La morte Morì probabilmente verso il 570 nel monastero di Ploërmel. Nessuna fonte contemporanea descrive gli ultimi momenti della sua vita; le notizie derivano esclusivamente dalla Vita composta nel XII secolo.
Il culto La venerazione di sant'Armagilo conobbe una straordinaria diffusione in Bretagna, dove numerosi villaggi, cappelle e parrocchie portano ancora il suo nome. La sua Vita, redatta nel XII secolo, venne inserita nel Breviario di Saint-Pol-de-Léon stampato nel 1516, contribuendo alla diffusione del culto. Nel 1498 il suo nome entrò anche nel Messale di Salisbury, segno della crescente devozione sviluppatasi in Inghilterra durante il regno di Enrico VII Tudor. Il Martirologio Romano lo ricorda semplicemente con le parole: "In Bretagna, sant'Armagilo, eremita." Questa definizione mette in evidenza soprattutto la dimensione contemplativa della sua vita, mentre la tradizione popolare continua a ricordarlo anche come abate e fondatore di monasteri. Autore: Giampietro Cattini
Le prime testimonianze dell’esistenza di Sant’Armagilo risalgono al XII secolo, anche se con ogni probabilità gli eventi narrati sono da considerarsi leggendari. Pare che il santo fosse originario del Galles e si sarebbe formato sotto la guida dell’abate Carentmael. Armagilo meditò di dedicare la sua vita interamente a Dio e, assunti i voti monastici, si trasferì ad Armonica con il suo maestro ed altri compagni. Insieme con Plouarzel condussero una vita improntata al Vangelo, ma vennero ostacolati nei loro buoni propositi da Conmaro, un usurpatore che aveva ucciso il capo delle tribù locali, Jona.
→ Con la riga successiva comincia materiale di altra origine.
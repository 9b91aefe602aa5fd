-- ===== src/Cache/Tiered.antt =====
-- `RedisCache.makeTiered`: a cache in the process (L1) over the one on the server (L2). The L1 is the
-- effect library's `Cache`, a parameter; the listener's subscription and its retries are not
-- modelled, what it does with the messages is.
pub mod Reads
pub mod Instances
pub mod Coherence
pub mod Overtaken
pub mod Modelled
use redfx.Common.{ℕ, List, [], ◌∷◌, Option, String, ◌≡◌, ◌≢◌, refl, Bool, if◌then◌else◌, ◌==◌}
use redfx.Js.Text.{◌<>◌}
use redfx.Js.Json.{stringify}
use redfx.Durations.{Durations}
use redfx.Effect.{Exit, Exit-cases, succeeded, failed, died, succeed, fail, die}
use redfx.Run.{pure, ◌>>=◌, ◌>>◌}
use redfx.Redis.Service.{RedisService}
use redfx.Script.{Cached}
use redfx.Cache.Options.{CacheError, CacheOptions, Runtime}
use redfx.Cache.Core.{Cache, Waited, l2_get, ignore, store, del, lookup_and_store}

-- `Cache.make` with the lookup of the L2. It stands in the state of the outside.
pub record Memory (W E A : Type 0) : Type 0 where
  -- by a lookup, which may be still waiting behind the rounds it was given
  pub get :
      (String → Cached W → Option (Exit (CacheError E) A × Cached W))
      → String
      → Cached W
      → Option (Exit (CacheError E) A × Cached W)
  pub set : String → A → W → W
  pub invalidate : String → W → W

-- `JSON.stringify({ i, k })`
abbrev pub inv_msg : String → String → String
inv_msg i k = "{\"i\":" <> stringify i <> ",\"k\":" <> stringify k <> "}"

module _ {W E A : Type 0} {durations : Durations} (r : RedisService W durations)
    (runtime : Runtime W) (options : CacheOptions W durations.DurationInput E A) (l1 : Memory W E A)
    (instance_id : String) where
  abbrev pub channel : String
  channel = "redfx:cache:inv:" <> options.prefix

  abbrev pub remember : String → A → Cached W → Cached W
  remember key value s = record s { outside = l1.set key value s.outside }

  abbrev pub forget : String → Cached W → Cached W
  forget key s = record s { outside = l1.invalidate key s.outside }

  -- `l1.get(key)`, with `l2Get` as the L1's lookup.
  unfoldable pub get : ℕ → String → Cached W → Waited r runtime options
  get rounds = l1.get (l2_get r runtime options rounds)

  -- The failure of a publish is logged and ignored.
  unfoldable pub publish_inv : String → Cache r runtime options (Unit {0})
  publish_inv key s =
      let (result, w) = r.publish channel (inv_msg instance_id key) s.outside in
      (ignore r runtime options result, record s { outside = w })

  unfoldable pub set : String → A → Cache r runtime options (Unit {0})
  set key value =
      store r runtime options key value >>= λ _ s. publish_inv key (remember key value s)

  unfoldable pub invalidate : String → Cache r runtime options (Unit {0})
  invalidate key = del r runtime options key >>= λ _ s. publish_inv key (forget key s)

  unfoldable pub refresh : String → Cache r runtime options A
  refresh key = lookup_and_store r runtime options key >>= λ value s.
      (publish_inv key >> pure value) (remember key value s)

  -- The listener: a message of another instance drops the key here; its own are skipped.
  unfoldable pub on_message : String → String → W → W
  on_message i k w = if i == instance_id then w else l1.invalidate k w

  -- `Stream.runForEach` over the messages of the subscription.
  unfoldable pub listen : List (String × String) → W → W
  unfolding on_message
  listen [] w = w
  listen ((i, k) ∷ messages) w = listen messages (on_message i k w)

  abbrev pub announced : String → Cached W → Cached W
  announced key s = record s { outside = (r.publish channel (inv_msg instance_id key) s.outside).1 }

  module _
      (sound : (key d : String) (w : W)
        → (r.publish channel (inv_msg instance_id key) w).0 ≢ die d) where
    pub publish_inv_lem :
        (key : String) (s : Cached W) → publish_inv key s ≡ (succeed tt, announced key s)
    unfolding publish_inv ignore
    publish_inv_lem key s =
        elim (Exit-cases (r.publish channel (inv_msg instance_id key) s.outside).0) [
          | succeeded n said ↦ rw said refl
          | failed e said ↦ rw said refl
          | died d said ↦ absurd (sound key d s.outside said)
        ]

-- The handle, and what `makeTiered` fills it with.
pub record TieredCacheHandle {W E A : Type 0} {durations : Durations} (r : RedisService W durations)
    (runtime : Runtime W) (options : CacheOptions W durations.DurationInput E A) : Type 0 where
  pub get : ℕ → String → Cached W → Waited r runtime options
  pub set : String → A → Cache r runtime options (Unit {0})
  pub invalidate : String → Cache r runtime options (Unit {0})
  pub refresh : String → Cache r runtime options A

unfoldable pub make_tiered :
    {W E A : Type 0} {durations : Durations} (r : RedisService W durations) (runtime : Runtime W)
    (options : CacheOptions W durations.DurationInput E A) (l1 : Memory W E A)
    (instance_id : String)
    → TieredCacheHandle r runtime options
make_tiered r runtime options l1 instance_id = record {
  get = get r runtime options l1 instance_id;
  set = set r runtime options l1 instance_id;
  invalidate = invalidate r runtime options l1 instance_id;
  refresh = refresh r runtime options l1 instance_id;
}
Partirono allora per Parigi, ad invocare l’aiuto del re Childeberto. Dopo che nel 555 il figlio di Jona vendicò l’assassinio del padre, Armagilo ricevette in dono un terreno vicino a Rennes, presso l’odierna Saint-Armel-des-Bochaux, ove potè ristabilire la sua comunità. Fondò anche un altro nuovo monastero a Ploermel nel Morbihan, dove la morte lo colse in pace. Numerose leggende sorsero sulla sua vita: una narra che addirittura sconfisse un drago portandolo sul Monte Saint-Armel ed intimandogli di gettarsi nel fiume sottostante. Viene infatti solitamente ritratto con l’armatura e la pianeta mentre affronta tale drago. Vi è inoltre una serie di immagini risalente al XVI secolo oggetto delle vetrate della chiesa di Ploermel. Una statua del santo si trova nella cappella personale di Enrico VII persso l’abbazia di Westminster, mentre sulla tomba del cardinale Morton nella cattedrale di Canterbury è riprodotta una sua effige. Infine altre immagini del santo si possono riscontrare sul dossale dell’abbazia di Romsey e nella chiesa londinese di Santa Maria aBrookfield. Il nome di questo santo, italianizzato come Armagilo, è indicato a seconda delle fonti in parecchie accezioni: Armel, Ermal, Erme, Arzel, Arkel, Atrhmael ed Ermyn. Il suo culto si diffuse abbondantemente, nonostante la scarsità di notizie sul suo conto, è la sua festa, già citata dal calendario di Sarum del 1498, è riportata oggi anche dal Martyrologium Romanum in data 16 agosto. Tale documento ufficiale della Chiesa lo indica quale eremita, anche se è abitualmente considerato abate. Da sempre è invocato contro malattie e disgrazie, in particolare contro coliche, gotta, paralisi e reumatismi. Il re Enrico VII d’Inghilterra era addirittura convinto che l’intercessione del santo lo avesse salvato da un naufragio sulla costa bretone.